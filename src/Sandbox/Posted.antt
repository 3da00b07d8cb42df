-- ===== src/Sandbox/Posted.antt =====
-- What a request to publish an event that returns has put onto the queue.
use webhook_idp.Common.{
  ℕ, ◌+◌, ◌≡◌, refl, sym, ap, subst, ◌∙◌, inl, inr, Bool, true, false, none, [], ◌∷◌, ◌++◌,
}
use webhook_idp.Common.Text.{Text, txt, ◌===◌}
use webhook_idp.Common.Exec.{ok, err, Result-cases}
use webhook_idp.Common.State.{continue, pure}
use webhook_idp.Ingestion.Inbox.{Json, object, Fields, is_missing}
use webhook_idp.Ingestion.Runtime.{Validators, property}
use webhook_idp.Sandbox.{
  EventEnvelope, is_truthy, Sent, Exception, Channel, World, create_event_dto, envelope_fields,
  publish, service_publish, event_id_of, create,
}
use webhook_idp.Sandbox.Intercepted.{IsIntercepted, IsCompleted, intercept-IsIntercepted}
use webhook_idp.Sandbox.Validated.{
  IsChecking, IsEnvelope, IsTaken, create_event_dto-IsEnvelope, create_event_dto-IsTaken,
}

-- The message that carries an envelope.
abbrev pub message_of : (Json → Text) → EventEnvelope → Text → Sent
message_of json_stringify e event_id = record {
  body = json_stringify (object (envelope_fields e event_id));
  content_type = txt "application/json";
  correlation_id = e.correlation_id;
}

module _ (v : Validators) (json_stringify : Json → Text) (channel : Channel)
    (queue application_name : Text) where
  -- What was posted: one more message is on the queue, the last, with an envelope under an id of the
  -- application's name and a random id.
  pub record IsPosted (raw : Json) (w : World channel.State) : Type 0 where
    pub dto : EventEnvelope
    pub envelope : IsEnvelope v dto
    pub posted : Fields
    pub is_posted : raw ≡ object posted
    pub taken : IsTaken posted dto
    pub drawn : ℕ
    pub sent :
        channel.messages
          (create json_stringify channel queue application_name v raw w).1.channel
          queue
        ≡ channel.messages w.channel queue
          ++ message_of json_stringify dto (application_name ++ (txt "-" ++ w.randoms drawn)) ∷ []

  -- What the envelope holds of the body that was handed on, it holds of the one that was posted.
  completed-IsTaken :
      (raw : Json) (fields : Fields) (dto : EventEnvelope) (c : IsCompleted raw fields)
      → IsTaken fields dto
      → IsTaken c.posted dto
  unfolding txt ◌===◌
  completed-IsTaken raw fs dto c t = record {
    tenant_id = sym (c.others (txt "tenantId") refl) ∙ t.tenant_id;
    event_type = sym (c.others (txt "eventType") refl) ∙ t.event_type;
    payload = sym (c.others (txt "payload") refl) ∙ t.payload;
    correlation = λ there.
        let same = c.correlation there in
        let (id, is_id, at) =
          t.correlation
            (subst (λ fs. is_truthy (property (txt "correlationId") fs) ≡ true) (sym same) there) in
        (id, is_id, ap (property (txt "correlationId")) (sym same) ∙ at);
  }

  create-refused :
      (raw : Json) (w : World channel.State) (i : IsIntercepted raw w) (e : Exception)
      → create_event_dto v i.body ≡ err e
      → (create json_stringify channel queue application_name v raw w).0 ≡ err e
  unfolding create
  create-refused raw w i e refused = rw (i.runs, refused) refl

  create-sends :
      (raw : Json) (w : World channel.State) (i : IsIntercepted raw w) (dto : EventEnvelope)
      → create_event_dto v i.body ≡ ok dto
      → dto.event_id ≡ none
      → let sent =
          message_of json_stringify dto (application_name ++ (txt "-" ++ w.randoms i.drawn)) in
        let reply = channel.send_to_queue queue sent w.channel in
        create json_stringify channel queue application_name v raw w
        ≡ continue reply.0 (λ _. pure true) (record w { channel = reply.1; drawn = i.drawn + 1 })
  unfolding create service_publish publish event_id_of envelope_fields txt
  create-sends raw w i dto made fresh =
      let sent =
        message_of json_stringify dto (application_name ++ (txt "-" ++ w.randoms i.drawn)) in
      elim (Result-cases (channel.send_to_queue queue sent w.channel).0) [
        | inl (done, accepted) ↦ rw (i.runs, made, fresh, accepted) refl
        | inr (e, rejected) ↦ rw (i.runs, made, fresh, rejected) refl
      ]

  -- A POST that returns has put one message onto the queue, behind those that were there. It carries
  -- the tenant's id, the event type and the payload of the body that was posted, and its correlation
  -- id if it has one that is truthy; the payload is an object. The event has an id made of the
  -- application's name and a random id, never under one that was posted. It has a correlation id that
  -- passes as a UUID, also where none was posted; provided that the random ids are not blank and the
  -- decorators check what they are documented to check.
  pub create-IsPosted :
      (raw : Json) (w : World channel.State) (result : Bool)
      → IsChecking v
      → ((n : ℕ) → is_missing (w.randoms n) ≡ false)
      → (create json_stringify channel queue application_name v raw w).0 ≡ ok result
      → IsPosted raw w
  create-IsPosted raw w result k ids h =
      let i = intercept-IsIntercepted raw w ids in
      elim (Result-cases (create_event_dto v i.body)) [
        | inr (e, refused) ↦ absurd (cc (h, create-refused raw w i e refused))
        | inl (dto, made) ↦
            let (fields, is_body, taken) = create_event_dto-IsTaken v i.body dto k made in
            let completed = i.completed fields is_body in
            let envelope = create_event_dto-IsEnvelope v i.body dto k made i.correlated in
            let sent =
              message_of json_stringify dto (application_name ++ (txt "-" ++ w.randoms i.drawn)) in
            let runs = create-sends raw w i dto made envelope.no_event_id in
            elim (Result-cases (channel.send_to_queue queue sent w.channel).0) [
              | inr (e, rejected) ↦
                  let thrown : (create json_stringify channel queue application_name v raw w).0
                      ≡ err e =
                    ap (λ r. r.0) runs ∙ rw rejected refl in
                  absurd (cc (h, thrown))
              | inl (done, accepted) ↦
                  let stored : (create json_stringify channel queue application_name v raw
                        w).1.channel
                      ≡ (channel.send_to_queue queue sent w.channel).1 =
                    ap (λ r. r.1.channel) runs ∙ rw accepted refl in
                  record {
                    dto = dto;
                    envelope = envelope;
                    posted = completed.posted;
                    is_posted = completed.is_posted;
                    taken = completed-IsTaken raw fields dto completed taken;
                    drawn = i.drawn;
                    sent =
                        ap (λ c. channel.messages c queue) stored
                        ∙ channel.accepts queue sent w.channel accepted;
                  }
            ]
      ]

-.-.-

- _Exercise description_: Each line above from the one with "t.correlation" up to and including the one with "let reply = channel.send_to_queue" must be set down exactly, and no line outside that span may appear.

- _Result of this task_:
          t.correlation
            (subst (λ fs. is_truthy (property (txt "correlationId") fs) ≡ true) (sym same) there) in
        (id, is_id, ap (property (txt "correlationId")) (sym same) ∙ at);
  }

  create-refused :
      (raw : Json) (w : World channel.State) (i : IsIntercepted raw w) (e : Exception)
      → create_event_dto v i.body ≡ err e
      → (create json_stringify channel queue application_name v raw w).0 ≡ err e
  unfolding create
  create-refused raw w i e refused = rw (i.runs, refused) refl

  create-sends :
      (raw : Json) (w : World channel.State) (i : IsIntercepted raw w) (dto : EventEnvelope)
      → create_event_dto v i.body ≡ ok dto
      → dto.event_id ≡ none
      → let sent =
          message_of json_stringify dto (application_name ++ (txt "-" ++ w.randoms i.drawn)) in
        let reply = channel.send_to_queue queue sent w.channel in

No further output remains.